JNK2 is required for stress-induced mitophagy and protects against tissue damage and mortality.
Major finding: JNK2 is required for stress-induced mitophagy and protects against tissue damage and mortality.
Mechanism: JNK2 promotes proteasomal degradation of small mitochondrial ARF and increases steady-state p62 levels.
Impact: JNK2 inhibits inflammasome activation, limits ROS, and maintains organ integrity under hypoxia.
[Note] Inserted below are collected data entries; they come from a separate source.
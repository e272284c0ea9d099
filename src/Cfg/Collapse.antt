-- ===== src/Cfg/Collapse.antt =====
-- One step of `_prune_empty_pass_through_blocks`: to collapse a block keeps which of the others are
-- reachable.
use misra_c_agent.Base.{
  Bool-cases, Bool, true, false, List, [], ◌∷◌, ◌≡◌, refl, ◌↔◌, inl, inr, ◌==◌, ◌&&◌, ◌||◌, not,
  mem, if◌then◌else◌, Option, none, some, lookup, ap, subst, keys, filter_by, mem-keys-delete,
}
use misra_c_agent.Base.Search.{targets}
use misra_c_agent.Base.Contract.{contract, Reach-contract}
use misra_c_agent.Cfg.{
  BlockId, entry_id, exit_id, b, block_id_eq, is_real, CfgEdge, BasicBlock, ControlFlowGraph, pairs,
  successors,
}
use misra_c_agent.Cfg.Reachable.{IsReachable}
use misra_c_agent.Cfg.Finish.{retarget, collapse, sole_fallthrough, pass_through, is_nil}

pairs-if :
    (d c : Bool) (t : BlockId) (edge : CfgEdge) (rest : List CfgEdge)
    → pairs (if d then rest else (if c then record edge { target = t } else edge) ∷ rest)
      ≡ (if d then pairs rest else (edge.source, if c then t else edge.target) ∷ pairs rest)
pairs-if true c t edge rest = refl
pairs-if false true t edge rest = refl
pairs-if false false t edge rest = refl

pairs-retarget :
    (v t : BlockId) (edges : List CfgEdge) → pairs (retarget v t edges) ≡ contract v t (pairs edges)
unfolding retarget
pairs-retarget v t [] = refl
pairs-retarget v t (edge ∷ edges) =
    rw (← pairs-retarget v t edges)
      (pairs-if (edge.source == v) (edge.target == v) t edge (retarget v t edges))

abbrev edge_targets : List CfgEdge → List BlockId
edge_targets [] = []
edge_targets (edge ∷ edges) = edge.target ∷ edge_targets edges

targets-filter :
    (v : BlockId) (edges : List CfgEdge)
    → targets (pairs edges) v ≡ edge_targets (filter_by (λ edge. edge.source == v) edges)
targets-filter v [] = refl
targets-filter v (edge ∷ edges) = elim (Bool-cases (edge.source == v)) [
  | inl p ↦ simp (p, targets-filter v edges)
  | inr p ↦ simp (p, targets-filter v edges)
]

none_or_some :
    {A : Type 0} (c : Bool) (x t : A)
    → (if c then none else some x) ≡ some t
    → (c ≡ false) × (x ≡ t)
none_or_some true x t h = cc
none_or_some false x t h = (refl, cc)

or_false : (a c : Bool) → (a || c) ≡ false → c ≡ false
or_false false c h = h
or_false true c h = cc

sole_cases :
    (v t : BlockId) (out : List CfgEdge)
    → sole_fallthrough v out ≡ some t
    → (edge_targets out ≡ t ∷ []) × ((t == v) ≡ false)
unfolding sole_fallthrough
sole_cases v t [] h = cc
sole_cases v t (edge ∷ []) h =
    let (stays, same) = none_or_some _ edge.target t h in
    (ap (λ x. x ∷ []) same, subst (λ x. (x == v) ≡ false) same (or_false _ _ stays))
sole_cases v t (e1 ∷ e2 ∷ es) h = cc

targets-successors :
    (cfg : ControlFlowGraph) (v t : BlockId)
    → sole_fallthrough v (successors cfg v) ≡ some t
    → (targets (pairs cfg.edges) v ≡ t ∷ []) × ((t == v) ≡ false)
unfolding successors
targets-successors cfg v t h = rw (targets-filter v cfg.edges) (sole_cases v t (successors cfg v) h)

-- What the tests of a pass say of a block that it collapses.
pub record Collapsible (cfg : ControlFlowGraph) (v t : BlockId) : Type 0 where
  pub real : is_real v ≡ true
  pub block : BasicBlock
  pub stored : lookup v cfg.blocks ≡ some block
  pub sole : targets (pairs cfg.edges) v ≡ t ∷ []
  pub other : (t == v) ≡ false

pub pass_through-Collapsible :
    (cfg : ControlFlowGraph) (v t : BlockId) → pass_through cfg v ≡ some t → Collapsible cfg v t
unfolding pass_through
pass_through-Collapsible cfg entry_id t h = cc
pass_through-Collapsible cfg exit_id t h = cc
pass_through-Collapsible cfg (b n) t h = go (lookup (b n) cfg.blocks) refl h
  where
    empty :
        (block : BasicBlock)
        → (if is_nil block.statements then sole_fallthrough (b n) (successors cfg (b n)) else none)
          ≡ some t
        → sole_fallthrough (b n) (successors cfg (b n)) ≡ some t
    empty block k = elim (Bool-cases (is_nil block.statements)) [
      | inl e ↦ rw e at k
      | inr e ↦ cc (let k' : none ≡ some t = rw e at k in k')
    ]

    go :
        (o : Option BasicBlock)
        → lookup (b n) cfg.blocks ≡ o
        → elim o as (λ _. Option BlockId) [
          | none ↦ none
          | some block ↦
              if is_nil block.statements
              then sole_fallthrough (b n) (successors cfg (b n))
              else none
        ]
          ≡ some t
        → Collapsible cfg (b n) t
    go none e k = cc
    go (some block) e k =
        let (sole, other) = targets-successors cfg (b n) t (empty block k) in
        record { real = refl; block = block; stored = e; sole = sole; other = other }

-- What pruning keeps: no block appears, and those that are left are as reachable as before.
pub record Pruned (cfg cfg' : ControlFlowGraph) : Type 0 where
  pub kept : (y : BlockId) → mem y (keys cfg'.blocks) ≡ true → mem y (keys cfg.blocks) ≡ true
  pub same :
      (y : BlockId) → mem y (keys cfg'.blocks) ≡ true → IsReachable cfg y ↔ IsReachable cfg' y

pub Pruned-refl : (cfg : ControlFlowGraph) → Pruned cfg cfg
Pruned-refl cfg = record { kept = λ y m. m; same = λ y m. (λ r. r, λ r. r) }

pub Pruned-trans : (c1 c2 c3 : ControlFlowGraph) → Pruned c1 c2 → Pruned c2 c3 → Pruned c1 c3
Pruned-trans c1 c2 c3 p q = record {
  kept = λ y m. p.kept y (q.kept y m);
  same = λ y m.
      let (to, from) = p.same y (q.kept y m) in
      let (to', from') = q.same y m in (λ r. to' (to r), λ r. from (from' r));
}

and_parts : (a c : Bool) → (a && not c) ≡ true → (a ≡ true) × (c ≡ false)
and_parts true false h = (refl, refl)
and_parts true true h = cc
and_parts false c h = cc

entry-ne-real : (v : BlockId) → is_real v ≡ true → (entry_id == v) ≡ false
entry-ne-real entry_id h = cc
entry-ne-real exit_id h = refl
entry-ne-real (b n) h = refl

pub collapse-Pruned :
    (cfg : ControlFlowGraph) (v t : BlockId) → Collapsible cfg v t → Pruned cfg (collapse v t cfg)
unfolding collapse
collapse-Pruned cfg v t c = record {
  kept = λ y m. (and_parts _ _ (rw mem-keys-delete at m)).0;
  same = λ y m. rw (pairs-retarget v t cfg.edges) (
      Reach-contract v t (pairs cfg.edges) c.other c.sole entry_id (entry-ne-real v c.real) y
        (and_parts _ _ (rw mem-keys-delete at m)).1);
}
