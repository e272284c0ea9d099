-- ===== src/Cfg/WellFormed.antt =====
-- The state of `CFGEngine.build` refers to blocks of the graph only: what that says, and the helpers
-- that keep it.
use misra_c_agent.Base.{
  ℕ, suc, String, Bool, true, false, List, [], ◌∷◌, ◌++◌, ◌≡◌, refl, ◌==◌, ◌||◌, mem, Option, none,
  some, Dict, lookup, insert, keys, mem-keys-insert, values-insert, Bool-cases, inl, inr, All,
  All-mono, All-append, string_eq, beq_refl, Option-cases, ap,
}
use misra_c_agent.Ast.{Node}
use misra_c_agent.Cfg.{BlockId, entry_id, exit_id, b, block_id_eq, BasicBlock, CfgEdge}
use misra_c_agent.Cfg.Builder.{
  Builder, new_block, add_labelled_edge, add_edge, append_to, append_statement, tail_of, set_tail,
  label_block, is_filled,
}

abbrev pub Has : Dict BlockId BasicBlock → BlockId → Type 0
Has blocks x = mem x (keys blocks) ≡ true

abbrev pub JoinsBlocks : Dict BlockId BasicBlock → CfgEdge → Type 0
JoinsBlocks blocks edge = Has blocks edge.source × Has blocks edge.target

pub record IsWellFormed (s : Builder) : Type 0 where
  pub entry : Has s.blocks entry_id
  pub exit : Has s.blocks exit_id
  pub edges : All (JoinsBlocks s.blocks) s.edges
  pub labels : (name : String) (x : BlockId) → lookup name s.label_targets ≡ some x → Has s.blocks x
  pub gotos : All (λ g. Has s.blocks g.0) s.pending_gotos
  pub tails : (x y : BlockId) → lookup x s.sequence_tails ≡ some y → Has s.blocks y

-- `s'` is well-formed and has every block of `s`.
pub record Extends (s s' : Builder) : Type 0 where
  pub wf : IsWellFormed s'
  pub grows : (x : BlockId) → Has s.blocks x → Has s'.blocks x

pub record ExtendsWith (s : Builder) (r : BlockId × Builder) : Type 0 where
  pub ext : Extends s r.1
  pub found : Has r.1.blocks r.0

pub Extends-refl : {s : Builder} → IsWellFormed s → Extends s s
Extends-refl w = record { wf = w; grows = λ x h. h }

pub Extends-trans : {s s1 s2 : Builder} → Extends s s1 → Extends s1 s2 → Extends s s2
Extends-trans p q = record { wf = q.wf; grows = λ x h. q.grows x (p.grows x h) }

regrow :
    (s : Builder) (n : ℕ) (blocks : Dict BlockId BasicBlock)
    → ((x : BlockId) → Has s.blocks x → Has blocks x)
    → IsWellFormed s
    → IsWellFormed (record s { counter = n; blocks = blocks })
regrow s n blocks g w = record {
  entry = g entry_id w.entry;
  exit = g exit_id w.exit;
  edges = All-mono s.edges (λ e h. (g e.source h.0, g e.target h.1)) w.edges;
  labels = λ name x h. g x (w.labels name x h);
  gotos = All-mono s.pending_gotos (λ j h. g j.0 h) w.gotos;
  tails = λ x y h. g y (w.tails x y h);
}

or_right : (a c : Bool) → c ≡ true → (a || c) ≡ true
or_right true c h = refl
or_right false c h = h

or_left : (a c : Bool) → a ≡ true → (a || c) ≡ true
or_left a c h = rw h

pub new_block-ExtendsWith :
    (kind : String) (s : Builder) → IsWellFormed s → ExtendsWith s (new_block kind s)
unfolding new_block
new_block-ExtendsWith kind s w =
    let n = suc s.counter in
    let fresh : BasicBlock = record { statements = []; kind = kind } in
    let blocks = insert (b n) fresh s.blocks in
    let grows : (x : BlockId) → Has s.blocks x → Has blocks x =
      λ x h. rw mem-keys-insert (or_right _ _ h) in
    record {
      ext = record { wf = regrow s n blocks grows w; grows = grows };
      found = rw mem-keys-insert (or_left _ _ (beq_refl (b n)));
    }

pub add_labelled_edge-Extends :
    (x y : BlockId) (kind : String) (label : Option String) (s : Builder)
    → IsWellFormed s
    → Has s.blocks x
    → Has s.blocks y
    → Extends s (add_labelled_edge x y kind label s)
unfolding add_labelled_edge
add_labelled_edge-Extends x y kind label s w hx hy = record {
  wf = record {
    entry = w.entry;
    exit = w.exit;
    edges = All-append (JoinsBlocks s.blocks) s.edges _ w.edges ((hx, hy), tt);
    labels = w.labels;
    gotos = w.gotos;
    tails = w.tails;
  };
  grows = λ z h. h;
}

pub add_edge-Extends :
    (x y : BlockId) (kind : String) (s : Builder)
    → IsWellFormed s
    → Has s.blocks x
    → Has s.blocks y
    → Extends s (add_edge x y kind s)
unfolding add_edge
add_edge-Extends x y kind s = add_labelled_edge-Extends x y kind none s

keys-append_to :
    (x : BlockId) (statement : Node) (blocks : Dict BlockId BasicBlock)
    → keys (append_to x statement blocks) ≡ keys blocks
unfolding append_to
keys-append_to x statement [] = refl
keys-append_to x statement ((j, block) ∷ blocks) = elim (Bool-cases (j == x)) [
  | inl p ↦ rw p
  | inr p ↦ rw p (ap (λ (l : List BlockId). j ∷ l) (keys-append_to x statement blocks))
]

pub append_statement-Extends :
    (x : BlockId) (statement : Node) (s : Builder)
    → IsWellFormed s
    → Extends s (append_statement x statement s)
unfolding append_statement
append_statement-Extends x statement s w =
    let grows : (y : BlockId) → Has s.blocks y → Has (append_to x statement s.blocks) y =
      λ y h. rw (keys-append_to x statement s.blocks) h in
    record { wf = regrow s s.counter (append_to x statement s.blocks) grows w; grows = grows }

pub tail_of-Has :
    (x : BlockId) (s : Builder) → IsWellFormed s → Has s.blocks x → Has s.blocks (tail_of x s)
unfolding tail_of
tail_of-Has x s w h = elim (Option-cases (lookup x s.sequence_tails)) [
  | inl e ↦ rw (e, tail_of) h
  | inr (y, e) ↦ rw (e, tail_of) (w.tails x y e)
]

pub set_tail-Extends :
    (x y : BlockId) (s : Builder) → IsWellFormed s → Has s.blocks y → Extends s (set_tail x y s)
unfolding set_tail
set_tail-Extends x y s w h = elim (Option-cases (lookup x s.sequence_tails)) [
  | inl e ↦
      rw (e, set_tail)
        (record {
          wf = record {
            entry = w.entry;
            exit = w.exit;
            edges = w.edges;
            labels = w.labels;
            gotos = w.gotos;
            tails = values-insert (Has s.blocks) x y s.sequence_tails h w.tails;
          };
          grows = λ z k. k;
        })
  | inr (z, e) ↦ rw (e, set_tail) (Extends-refl w)
]

pub add_label-Extends :
    (name : String) (x : BlockId) (s : Builder)
    → IsWellFormed s
    → Has s.blocks x
    → Extends s (record s { label_targets = insert name x s.label_targets })
add_label-Extends name x s w h = record {
  wf = record {
    entry = w.entry;
    exit = w.exit;
    edges = w.edges;
    labels = values-insert (Has s.blocks) name x s.label_targets h w.labels;
    gotos = w.gotos;
    tails = w.tails;
  };
  grows = λ z k. k;
}

pub add_goto-Extends :
    (x : BlockId) (name : String) (s : Builder)
    → IsWellFormed s
    → Has s.blocks x
    → Extends s (record s { pending_gotos = s.pending_gotos ++ (x, name) ∷ [] })
add_goto-Extends x name s w h = record {
  wf = record {
    entry = w.entry;
    exit = w.exit;
    edges = w.edges;
    labels = w.labels;
    gotos = All-append (λ g. Has s.blocks g.0) s.pending_gotos _ w.gotos (h, tt);
    tails = w.tails;
  };
  grows = λ z k. k;
}

pub label_block-ExtendsWith :
    (x : BlockId) (s : Builder) → IsWellFormed s → Has s.blocks x → ExtendsWith s (label_block x s)
unfolding label_block
label_block-ExtendsWith x s w h = elim (Bool-cases (is_filled x s)) [
  | inl p ↦
      let (n, s1) = new_block "normal" s in
      let r = new_block-ExtendsWith "normal" s w in
      let e = add_edge-Extends x n "fallthrough" s1 r.ext.wf (r.ext.grows x h) r.found in
      rw p (record { ext = Extends-trans r.ext e; found = e.grows n r.found })
  | inr p ↦ rw p (record { ext = Extends-refl w; found = h })
]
Dysregulation of mitophagy, a type of autophagy that degrades damaged or excessive mitochondria, leads to increased reactive oxygen species (ROS) accumulation and inflammasome hyperactivation, and has been associated with many pathophysiologic conditions, including immunologic disorders and cancer. The small mitochondrial isoform of the tumor suppressor ARF (smARF) and p62 (also known as sequestosome 1) have been shown to have roles in mitophagy, but the mechanisms underlying the regulation of mitophagy remain largely unknown. Zhang and colleagues found that the kinase JNK2 (also known as MAPK9) is required for stress-induced mitophagy. In contrast to wild-type mouse embryonic fibroblasts (MEF), which exhibited decreased mitochondrial proteins due to active mitophagy in hypoxic conditions, Jnk2−/− MEFs were characterized by impaired mitochondrial clearance and increased ROS production under hypoxic stress. Mechanistically, this defect in mitophagy was mediated by decreased levels of p62 at steady state in Jnk2−/− MEFs as a result of increased steady-state autophagy, which promotes p62 degradation. In addition, Jnk2−/− MEFs had significantly higher steady-state levels of smARF, which induces upregulation of autophagy. Specific depletion of smARF resulted in decreased autophagy, increased p62 expression, and restoration of mitophagy in Jnk2−/− MEFs. Ectopic expression of kinase-deficient JNK2 in Jnk2−/− MEFs decreased smARF levels, suggesting that JNK2 regulates smARF independent of its kinase activity. Indeed, JNK2 interacted with smARF and promoted its polyubiquitination and subsequent proteasomal degradation. Importantly, in vivo analysis of hypoxia-induced tissue damage in wild-type and Jnk2−/− mice revealed that JNK2-dependent regulation of stress-induced mitophagy protected against tissue damage. Furthermore, loss of JNK2 resulted in the hyperactivation of inflammasomes and excessive mitochondrial ROS production in bone marrow–derived macrophages and increased susceptibility to lipopolysaccharide-induced mortality in mice. These data support a critical role for JNK2 in stress-induced mitophagy and the maintenance of organ integrity during environmental stress.